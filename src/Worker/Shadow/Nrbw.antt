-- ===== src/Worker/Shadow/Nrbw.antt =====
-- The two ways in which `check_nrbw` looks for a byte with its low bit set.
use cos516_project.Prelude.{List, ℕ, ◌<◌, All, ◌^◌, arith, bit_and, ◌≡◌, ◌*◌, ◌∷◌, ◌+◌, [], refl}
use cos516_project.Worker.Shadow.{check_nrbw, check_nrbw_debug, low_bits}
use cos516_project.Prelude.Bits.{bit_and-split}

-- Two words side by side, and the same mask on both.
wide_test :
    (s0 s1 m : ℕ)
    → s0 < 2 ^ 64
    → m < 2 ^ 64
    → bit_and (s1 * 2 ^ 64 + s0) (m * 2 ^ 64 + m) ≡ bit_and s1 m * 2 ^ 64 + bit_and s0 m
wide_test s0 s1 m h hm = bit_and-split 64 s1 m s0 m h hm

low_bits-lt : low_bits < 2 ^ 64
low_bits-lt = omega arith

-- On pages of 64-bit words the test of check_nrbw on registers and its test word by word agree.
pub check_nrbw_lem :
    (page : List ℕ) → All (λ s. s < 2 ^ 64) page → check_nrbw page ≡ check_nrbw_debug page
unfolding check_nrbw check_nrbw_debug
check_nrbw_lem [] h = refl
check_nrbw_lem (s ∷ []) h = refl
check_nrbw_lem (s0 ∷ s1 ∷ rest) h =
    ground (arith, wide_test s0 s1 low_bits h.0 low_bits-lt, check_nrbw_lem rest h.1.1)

────

_INSTRUCTIONS TO FOLLOW_:
Across the material, report every line that has the word "arith".

_WRITTEN SOLUTION_:
use cos516_project.Prelude.{List, ℕ, ◌<◌, All, ◌^◌, arith, bit_and, ◌≡◌, ◌*◌, ◌∷◌, ◌+◌, [], refl}
low_bits-lt = omega arith
    ground (arith, wide_test s0 s1 low_bits h.0 low_bits-lt, check_nrbw_lem rest h.1.1)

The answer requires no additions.